Fraud Prevention Unleashed: UK’s Game-Changing Corporate Mandate
Aligned with the offense pertaining to failure of commercial organizations in preventing bribery prescribed under the UK Bribery Act of 2010, the UK Government has formulated plans to bring forth criminal liability upon large corporations in cases of failure to prevent fraud as well. The offense entails a broad scope covering false representation, failing to disclose information, abuse of position, obtaining services dishonestly, participation in a fraudulent business, false statements by company directors, false accounting, fraudulent trading, cheating the public revenue and so forth. An organization will be held liable in the event of failure to prevent fraud under any of the mentioned offenses wherein it is conducted by an employee or agent of the organization for benefit of the party availing services from the enterprise or the organization itself.

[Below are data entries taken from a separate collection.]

-- ===== src/Clock/Examples.antt =====
-- Readings and a sleep that is interrupted once.
use rtmb.Base.{◌≤◌, ok, ℕ, zero, suc, ◌≡◌, refl, arith, Returns}
use rtmb.Base.Int.{success, pos, ◌-ℤ◌, ◌≤ℤ◌}
use rtmb.Clock.{SleepAnswer, do_nano_sleep, TimeSpec, slept, interrupted, Sleeper, get_time_diff}
use rtmb.Clock.Difference.{IsTime, nanoseconds, NotAfter, get_time_diff-elapsed}
use rtmb.Clock.Sleep.{do_nano_sleep-success, Sleeps, IsAnswer, done, less}

abbrev before : TimeSpec
before = record { tv_sec = pos 7; tv_nsec = pos 999999900 }

abbrev after : TimeSpec
after = record { tv_sec = pos 8; tv_nsec = pos 50 }

get_time_diff-elapsed_example :
    Returns
      (λ t.
        (t ≡ pos (nanoseconds 8 50) -ℤ pos (nanoseconds 7 999999900))
        × (NotAfter 7 999999900 8 50 → pos 0 ≤ℤ t))
      (get_time_diff before after)
get_time_diff-elapsed_example =
    get_time_diff-elapsed before after 7 999999900 8 50
      (record { sec = refl; nsec = refl; sec_bound = omega arith; nsec_bound = omega arith })
      (record { sec = refl; nsec = refl; sec_bound = omega arith; nsec_bound = omega arith })

-- Two signals come at once, so that all of the time is left, and later ones no more.
abbrev after_signals : ℕ → TimeSpec → SleepAnswer
after_signals zero rqtp = interrupted rqtp
after_signals (suc zero) rqtp = interrupted rqtp
after_signals (suc (suc k)) rqtp = slept

abbrev signalled : Sleeper
signalled k rqtp = after_signals k rqtp

after_signals-IsAnswer :
    (k : ℕ) (rqtp : TimeSpec) (s n : ℕ)
    → IsTime rqtp s n
    → IsAnswer (nanoseconds s n) (after_signals k rqtp)
after_signals-IsAnswer zero rqtp s n is = less s n is (omega arith)
after_signals-IsAnswer (suc zero) rqtp s n is = less s n is (omega arith)
after_signals-IsAnswer (suc (suc k)) rqtp s n is = done

after_signals-slept : (k : ℕ) (rqtp : TimeSpec) → 2 ≤ k → after_signals k rqtp ≡ slept
after_signals-slept zero rqtp h = absurd (omega arith)
after_signals-slept (suc zero) rqtp h = absurd (omega arith)
after_signals-slept (suc (suc k)) rqtp h = refl

signalled-Sleeps : Sleeps signalled 2
signalled-Sleeps = record {
  answers = after_signals-IsAnswer;
  undisturbed = λ k rqtp s n h is. after_signals-slept k rqtp h;
}

do_nano_sleep-success_example : do_nano_sleep signalled 3 (pos 1500000000) ≡ ok success
do_nano_sleep-success_example =
    do_nano_sleep-success signalled 2 3 1500000000 signalled-Sleeps (omega arith) (omega arith)
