-- ===== src/Double.antt =====
-- What the code does with `double` and `float`: the operations of the machine and of libm, which
-- are parameters of the model. No law is assumed here; a theorem that needs one names it.
pub mod Whole
use rtmb.Base.{Bool}
use rtmb.Base.Int.{ℤ}

pub record Double (F : Type 0) : Type 0 where
  -- The conversion of an integer, and the cast back, which cuts towards zero.
  pub of_int : ℤ → F
  pub to_int : F → ℤ
  -- The rounding of a `double` to a `float`.
  pub to_float : F → F
  pub add : F → F → F
  pub sub : F → F → F
  pub mul : F → F → F
  pub div : F → F → F
  pub lt : F → F → Bool
  pub neg : F → F
  pub eq : F → F → Bool
  pub sqrt : F → F
  pub pow : F → F → F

Lawmakers foresee this development as a tool to steer culture change by incorporating prevention strategies and holding organizations accountable for fraudulent actions of their employees and agents through the means of prosecution. As per the factsheet on failure to prevent fraud, the offense of failure to prevent fraud will be enforced upon grant of royal assent to the parent legislation, Economic Crime and Corporate Transparency Bill, only after guidance on reasonable fraud prevention procedures is published for the knowledge of organizations. The said guidance is envisioned to be in conformity with the guidance under the Bribery Act 2010. The global reach and extra territorial jurisdiction of fraud prevention legislation would lead to prosecution in the UK if UK organizations operating in foreign markets like India are accused of engaging in fraudulent practices. It is in addition to the jurisdictional scope derived from the UKBA, focusing on Indian organizations functioning in the UK markets.
Even though the firm and the employee are situated abroad, legal action against the employer may still be taken if an employee violates the UK legislation or targets UK-based businesses in their attempt at fraudulent actions.
Surge in the number of British enterprises in India due to comparatively higher growth opportunities by virtue of being a developing country has strengthened the connections between UK and India. It poses a need for cognisance of the abovementioned offense by organizations in India covered by the UK Bribery Act through engagement of customized processes to reduce the danger of fraud and direct moral behavior and decision-making. The nature and scale of a business determines the amount of risk pertaining to occurrence of fraudulent activities associated with it. While several enterprises do not generate the need for preventive measures to mitigate risks of fraud, the ones expecting these threats need to take precautions derived from the UK Bribery Act, while awaiting government guidance for the newly emerging offense of failure to prevent fraud.
Businesses need to consider that the offense of failure to prevent fraud has increased scope and probability of prosecution, thereby generating the need to combat it in advance. This novel development has widened the scope of culpability by opening the floor for prosecution by individuals who’ve been affected by the fraudulent entity, even in the absence of a “directing mind or will.” While tracking evolving foreign legislations and jurisprudence can be a challenging task, it is essential for enterprises falling within the ambit of such developments to ensure a functional mechanism of corporate governance within the organization.
To take cognisance of the upcoming development, Indian companies governed by the UKBA can take certain steps by reference to six key compliance principles, including risk assessment, proportionate procedures, top level commitment, due diligence, communication and training, monitoring and review, as stated in the UK Ministry of Justice guidance. Employees should be equipped with training on anti-fraud compliance regulations as the new offense doesn’t discriminate with respect to presence of wrongful intent.
Educating stakeholders about the organization’s practices can help them in understanding how frauds originate, instances when the business imparts risk of fraud and procedures for dealing with other related issues. An expected increase in the number of businesses entering deferred prosecution agreements in furtherance of the new offense shall be neutralized in advance by assessing the risks and advantages of the same. Indian Organizations are advised to identify areas of vulnerability and risk of fraud or false accounting from both internal and external threats in adherence to the intricacies of business. Routine assessments of the effectiveness of policies and processes, overseeing interactions with third parties, audits of high-risk transactions, and evaluations of internal financial control measures are to be given prime importance.
It is important to review, update and control anti-fraud tools to be at parity with the emerging technologies that lead to unforeseen fraud schemes. Undertaking initial as well as regular due diligence on suppliers, agents, and other middlemen can aid in spotting probability of fraud. It is the duty of organizations to ensure accessibility, publicity, and confidentiality of speak up channels that encourage employees to report suspected instances of frauds. A protocol for undertaking internal investigations that includes procedures of document retention and legal privileges can be implemented by stakeholders along with provisions to monitor and review, such that improvements can be made as and when necessary. An organization’s policies should clearly define what amounts to fraud, guide about acceptable practices and foster compliance with the anti-fraud framework by focusing on consequences of violation, implemented via collective actions on the part of legal and compliance teams of an organization.